_TASK BRIEF_
Please print out every entry below, verbatim.

_DATA_
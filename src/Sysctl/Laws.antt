-- ===== src/Sysctl/Laws.antt =====
-- The helpers of sysctl.rs: which texts they read as numbers, and what they do to a buffer.
use linux_kernel_development.Prelude.{
  ℕ, ◌-◌, ◌^◌, ◌<◌, ◌≡◌, ◌≢◌, ◌⊎◌, inl, inr, refl, arith, true, false, not,
}
use linux_kernel_development.Prelude.{
  List, [], ◌∷◌, length, replicate, Option, none, some, ◌==◌, if◌then◌else◌, Bool-cases,
}
use linux_kernel_development.Prelude.Slices.{bytes}
use linux_kernel_development.Prelude.Words.{neg64, is_neg32, is_neg64, sign_extend32}
use linux_kernel_development.BaseHelper.{Calls, bpf_trace_printk}
use linux_kernel_development.Sysctl.{
  negated, digits_after_sign, parse_u64, parse_i64, str_to_i64, str_to_u64, SysctlKern, SysctlCalls,
  copy_sysctl_value, all_zero, bpf_sysctl_get_new_value,
}
use linux_kernel_development.Sysctl.Decimal.{
  number, within, parse_digits-number, print_u64, print_i64, parse_u64-print, parse_i64-print,
}

-- The number, however large, that a text spells: one digit or more, behind a `+` or not.
abbrev one_or_more : List ℕ → Option ℕ
one_or_more [] = none
one_or_more (c ∷ cs) = number 0 (c ∷ cs)

abbrev pub unsigned : List ℕ → Option ℕ
unsigned [] = none
unsigned (c ∷ cs) = if c == 43 then one_or_more cs else number 0 (c ∷ cs)

-- The `u64` that a text spells, and the `i64`: a `-` may stand in place of the `+`.
abbrev pub as_u64_text : List ℕ → Option ℕ
as_u64_text text = within (2 ^ 64 - 1) (unsigned text)

abbrev pub as_i64_text : List ℕ → Option ℕ
as_i64_text [] = none
as_i64_text (c ∷ cs) =
    if c == 45
    then negated (within (2 ^ 63) (one_or_more cs))
    else within (2 ^ 63 - 1) (unsigned (c ∷ cs))

digits_after_sign-within :
    (limit : ℕ) (cs : List ℕ) → digits_after_sign limit cs ≡ within limit (one_or_more cs)
unfolding digits_after_sign
digits_after_sign-within limit [] = refl
digits_after_sign-within limit (c ∷ cs) = parse_digits-number limit (c ∷ cs) 0 (omega arith)

parse_u64-as_u64_text : (text : List ℕ) → parse_u64 text ≡ as_u64_text text
unfolding parse_u64
parse_u64-as_u64_text [] = refl
parse_u64-as_u64_text (c ∷ cs) = elim (Bool-cases (c == 43)) [
  | inl plus ↦ rw plus (digits_after_sign-within (2 ^ 64 - 1) cs)
  | inr other ↦ rw other (parse_digits-number (2 ^ 64 - 1) (c ∷ cs) 0 (omega arith))
]

parse_i64-as_i64_text : (text : List ℕ) → parse_i64 text ≡ as_i64_text text
unfolding parse_i64
parse_i64-as_i64_text [] = refl
parse_i64-as_i64_text (c ∷ cs) = elim (Bool-cases (c == 43)) [
  | inl plus ↦
      (let not_minus : (c == 45) ≡ false = ground (arith, plus) in
        rw (plus, not_minus) (digits_after_sign-within (2 ^ 63 - 1) cs))
  | inr other ↦ elim (Bool-cases (c == 45)) [
    | inl dash ↦ rw (other, dash, digits_after_sign-within (2 ^ 63) cs) refl
    | inr digit ↦ rw (other, digit) (parse_digits-number (2 ^ 63 - 1) (c ∷ cs) 0 (omega arith))
  ]
]

module _ {S : Type 0} (k : Calls S) where
  -- A text is read as the number that it spells if it is one or more digits behind an optional sign,
  -- where only an `i64` takes a `-`, and the number fits the type. For every other text the result is
  -- 0 and one message is printed. Stopping at the digit that exceeds the type makes no difference.
  pub str_to_lem :
      (text : List ℕ) (s : S)
      → (str_to_u64 k text s ≡ (elim (as_u64_text text) [
        | some n ↦ (n, s)
        | none ↦ (0, (bpf_trace_printk k (bytes "Error parsing string to u64") 0 0 0 s).1)
      ]))
        × (str_to_i64 k text s ≡ (elim (as_i64_text text) [
          | some n ↦ (n, s)
          | none ↦ (0, (bpf_trace_printk k (bytes "Error parsing string to i64") 0 0 0 s).1)
        ]))
  unfolding str_to_u64 str_to_i64
  str_to_lem text s = (
    rw (str_to_u64, parse_u64-as_u64_text text) refl,
    rw (str_to_i64, parse_i64-as_i64_text text) refl,
  )

  -- Reading back a printed word gives that word and prints nothing, at both types.
  pub str_to-print :
      (x : ℕ) (s : S)
      → x < 2 ^ 64
      → (str_to_u64 k (print_u64 x) s ≡ (x, s)) × (str_to_i64 k (print_i64 x) s ≡ (x, s))
  unfolding str_to_u64 str_to_i64
  str_to-print x s lt =
      (rw (str_to_u64, parse_u64-print x lt) refl, rw (str_to_i64, parse_i64-print x lt) refl)

all_zero-replicate : (buf : List ℕ) → all_zero buf ≡ true → buf ≡ replicate (length buf) 0
unfolding all_zero
all_zero-replicate [] h = refl
all_zero-replicate (value ∷ buf) h = ground (arith, all_zero-replicate buf)

is_neg64-sign_extend32 : (w : ℕ) → w < 2 ^ 32 → is_neg64 (sign_extend32 w) ≡ is_neg32 w
is_neg64-sign_extend32 w lt = elim (Bool-cases (is_neg32 w)) [
  | inl negative ↦ rw negative (ground (arith, negative))
  | inr positive ↦ rw positive (ground (arith, positive))
]

-- On a read of the parameter there is no new value: the kernel is not called, the buffer comes back
-- full of zeros whatever it held, and the result is EINVAL negated. On a write the kernel gets the
-- whole buffer with the new value and its length, and the result is negative exactly if the
-- kernel's status, which is a 32-bit word, is.
pub bpf_sysctl_get_new_value_lem :
    {S : Type 0} (k : SysctlCalls S) (einval : ℕ) (ctx : SysctlKern) (buf : List ℕ) (s : S)
    → (k.copy_value buf (length buf) ctx.new_val ctx.new_len s).0 < 2 ^ 32
    → let (ret, buf', s') = bpf_sysctl_get_new_value k einval ctx buf s in
      let (status, copied, after) = k.copy_value buf (length buf) ctx.new_val ctx.new_len s in
      ((ctx.write ≡ 0) × (ret ≡ neg64 einval) × (buf' ≡ replicate (length buf) 0) × (s' ≡ s))
      ⊎ ((ctx.write ≢ 0) × (is_neg64 ret ≡ is_neg32 status) × (buf' ≡ copied) × (s' ≡ after))
unfolding bpf_sysctl_get_new_value copy_sysctl_value
bpf_sysctl_get_new_value_lem k einval ctx buf s int = elim (Bool-cases (ctx.write == 0)) [
  | inl reading ↦ inl (
    ground (arith, reading),
    rw (bpf_sysctl_get_new_value, reading) refl,
    rw (bpf_sysctl_get_new_value, reading) zeroed,
    rw (bpf_sysctl_get_new_value, reading) refl,
  )
  | inr writing ↦ inr (
    ground (arith, writing),
    rw (bpf_sysctl_get_new_value, writing) (is_neg64-sign_extend32 _ int),
    rw (bpf_sysctl_get_new_value, writing) refl,
    rw (bpf_sysctl_get_new_value, writing) refl,
  )
]
  where
    zeroed :
        (if not (all_zero buf) then replicate (length buf) 0 else buf) ≡ replicate (length buf) 0
    zeroed = elim (Bool-cases (all_zero buf)) [
      | inl zeros ↦ rw zeros (all_zero-replicate buf zeros)
      | inr others ↦ rw others refl
    ]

_OUTPUT BELOW_
filename src/Sysctl/Laws.antt
-- ===== src/Sysctl/Laws.antt =====
-- The helpers of sysctl.rs: which texts they read as numbers, and what they do to a buffer.
use linux_kernel_development.Prelude.{
  ℕ, ◌-◌, ◌^◌, ◌<◌, ◌≡◌, ◌≢◌, ◌⊎◌, inl, inr, refl, arith, true, false, not,
}
use linux_kernel_development.Prelude.{
  List, [], ◌∷◌, length, replicate, Option, none, some, ◌==◌, if◌then◌else◌, Bool-cases,
}
use linux_kernel_development.Prelude.Slices.{bytes}
use linux_kernel_development.Prelude.Words.{neg64, is_neg32, is_neg64, sign_extend32}
use linux_kernel_development.BaseHelper.{Calls, bpf_trace_printk}
use linux_kernel_development.Sysctl.{
  negated, digits_after_sign, parse_u64, parse_i64, str_to_i64, str_to_u64, SysctlKern, SysctlCalls,
  copy_sysctl_value, all_zero, bpf_sysctl_get_new_value,
}
use linux_kernel_development.Sysctl.Decimal.{
  number, within, parse_digits-number, print_u64, print_i64, parse_u64-print, parse_i64-print,
}

-- The number, however large, that a text spells: one digit or more, behind a `+` or not.
abbrev one_or_more : List ℕ → Option ℕ
one_or_more [] = none
one_or_more (c ∷ cs) = number 0 (c ∷ cs)

abbrev pub unsigned : List ℕ → Option ℕ
unsigned [] = none
unsigned (c ∷ cs) = if c == 43 then one_or_more cs else number 0 (c ∷ cs)

-- The `u64` that a text spells, and the `i64`: a `-` may stand in place of the `+`.
abbrev pub as_u64_text : List ℕ → Option ℕ
as_u64_text text = within (2 ^ 64 - 1) (unsigned text)

abbrev pub as_i64_text : List ℕ → Option ℕ
as_i64_text [] = none
as_i64_text (c ∷ cs) =
    if c == 45
    then negated (within (2 ^ 63) (one_or_more cs))
    else within (2 ^ 63 - 1) (unsigned (c ∷ cs))

digits_after_sign-within :
    (limit : ℕ) (cs : List ℕ) → digits_after_sign limit cs ≡ within limit (one_or_more cs)
unfolding digits_after_sign
digits_after_sign-within limit [] = refl
digits_after_sign-within limit (c ∷ cs) = parse_digits-number limit (c ∷ cs) 0 (omega arith)

parse_u64-as_u64_text : (text : List ℕ) → parse_u64 text ≡ as_u64_text text
unfolding parse_u64
parse_u64-as_u64_text [] = refl
parse_u64-as_u64_text (c ∷ cs) = elim (Bool-cases (c == 43)) [
  | inl plus ↦ rw plus (digits_after_sign-within (2 ^ 64 - 1) cs)
  | inr other ↦ rw other (parse_digits-number (2 ^ 64 - 1) (c ∷ cs) 0 (omega arith))
]

parse_i64-as_i64_text : (text : List ℕ) → parse_i64 text ≡ as_i64_text text
unfolding parse_i64
parse_i64-as_i64_text [] = refl
parse_i64-as_i64_text (c ∷ cs) = elim (Bool-cases (c == 43)) [
  | inl plus ↦
      (let not_minus : (c == 45) ≡ false = ground (arith, plus) in
        rw (plus, not_minus) (digits_after_sign-within (2 ^ 63 - 1) cs))
  | inr other ↦ elim (Bool-cases (c == 45)) [
    | inl dash ↦ rw (other, dash, digits_after_sign-within (2 ^ 63) cs) refl
    | inr digit ↦ rw (other, digit) (parse_digits-number (2 ^ 63 - 1) (c ∷ cs) 0 (omega arith))
  ]
]

module _ {S : Type 0} (k : Calls S) where
  -- A text is read as the number that it spells if it is one or more digits behind an optional sign,
  -- where only an `i64` takes a `-`, and the number fits the type. For every other text the result is
  -- 0 and one message is printed. Stopping at the digit that exceeds the type makes no difference.
  pub str_to_lem :
      (text : List ℕ) (s : S)
      → (str_to_u64 k text s ≡ (elim (as_u64_text text) [
        | some n ↦ (n, s)
        | none ↦ (0, (bpf_trace_printk k (bytes "Error parsing string to u64") 0 0 0 s).1)
      ]))
        × (str_to_i64 k text s ≡ (elim (as_i64_text text) [
          | some n ↦ (n, s)
          | none ↦ (0, (bpf_trace_printk k (bytes "Error parsing string to i64") 0 0 0 s).1)
        ]))
  unfolding str_to_u64 str_to_i64
  str_to_lem text s = (
    rw (str_to_u64, parse_u64-as_u64_text text) refl,
    rw (str_to_i64, parse_i64-as_i64_text text) refl,
  )

  -- Reading back a printed word gives that word and prints nothing, at both types.
  pub str_to-print :
      (x : ℕ) (s : S)
      → x < 2 ^ 64
      → (str_to_u64 k (print_u64 x) s ≡ (x, s)) × (str_to_i64 k (print_i64 x) s ≡ (x, s))
  unfolding str_to_u64 str_to_i64
  str_to-print x s lt =
      (rw (str_to_u64, parse_u64-print x lt) refl, rw (str_to_i64, parse_i64-print x lt) refl)

all_zero-replicate : (buf : List ℕ) → all_zero buf ≡ true → buf ≡ replicate (length buf) 0
unfolding all_zero
all_zero-replicate [] h = refl
all_zero-replicate (value ∷ buf) h = ground (arith, all_zero-replicate buf)

is_neg64-sign_extend32 : (w : ℕ) → w < 2 ^ 32 → is_neg64 (sign_extend32 w) ≡ is_neg32 w
is_neg64-sign_extend32 w lt = elim (Bool-cases (is_neg32 w)) [
  | inl negative ↦ rw negative (ground (arith, negative))
  | inr positive ↦ rw positive (ground (arith, positive))
]

-- On a read of the parameter there is no new value: the kernel is not called, the buffer comes back
-- full of zeros whatever it held, and the result is EINVAL negated. On a write the kernel gets the
-- whole buffer with the new value and its length, and the result is negative exactly if the
-- kernel's status, which is a 32-bit word, is.
pub bpf_sysctl_get_new_value_lem :
    {S : Type 0} (k : SysctlCalls S) (einval : ℕ) (ctx : SysctlKern) (buf : List ℕ) (s : S)
    → (k.copy_value buf (length buf) ctx.new_val ctx.new_len s).0 < 2 ^ 32
    → let (ret, buf', s') = bpf_sysctl_get_new_value k einval ctx buf s in
      let (status, copied, after) = k.copy_value buf (length buf) ctx.new_val ctx.new_len s in
      ((ctx.write ≡ 0) × (ret ≡ neg64 einval) × (buf' ≡ replicate (length buf) 0) × (s' ≡ s))
      ⊎ ((ctx.write ≢ 0) × (is_neg64 ret ≡ is_neg32 status) × (buf' ≡ copied) × (s' ≡ after))
unfolding bpf_sysctl_get_new_value copy_sysctl_value
bpf_sysctl_get_new_value_lem k einval ctx buf s int = elim (Bool-cases (ctx.write == 0)) [
  | inl reading ↦ inl (
    ground (arith, reading),
    rw (bpf_sysctl_get_new_value, reading) refl,
    rw (bpf_sysctl_get_new_value, reading) zeroed,
    rw (bpf_sysctl_get_new_value, reading) refl,
  )
  | inr writing ↦ inr (
    ground (arith, writing),
    rw (bpf_sysctl_get_new_value, writing) (is_neg64-sign_extend32 _ int),
    rw (bpf_sysctl_get_new_value, writing) refl,
    rw (bpf_sysctl_get_new_value, writing) refl,
  )
]
  where
    zeroed :
        (if not (all_zero buf) then replicate (length buf) 0 else buf) ≡ replicate (length buf) 0
    zeroed = elim (Bool-cases (all_zero buf)) [
      | inl zeros ↦ rw zeros (all_zero-replicate buf zeros)
      | inr others ↦ rw others refl
    ]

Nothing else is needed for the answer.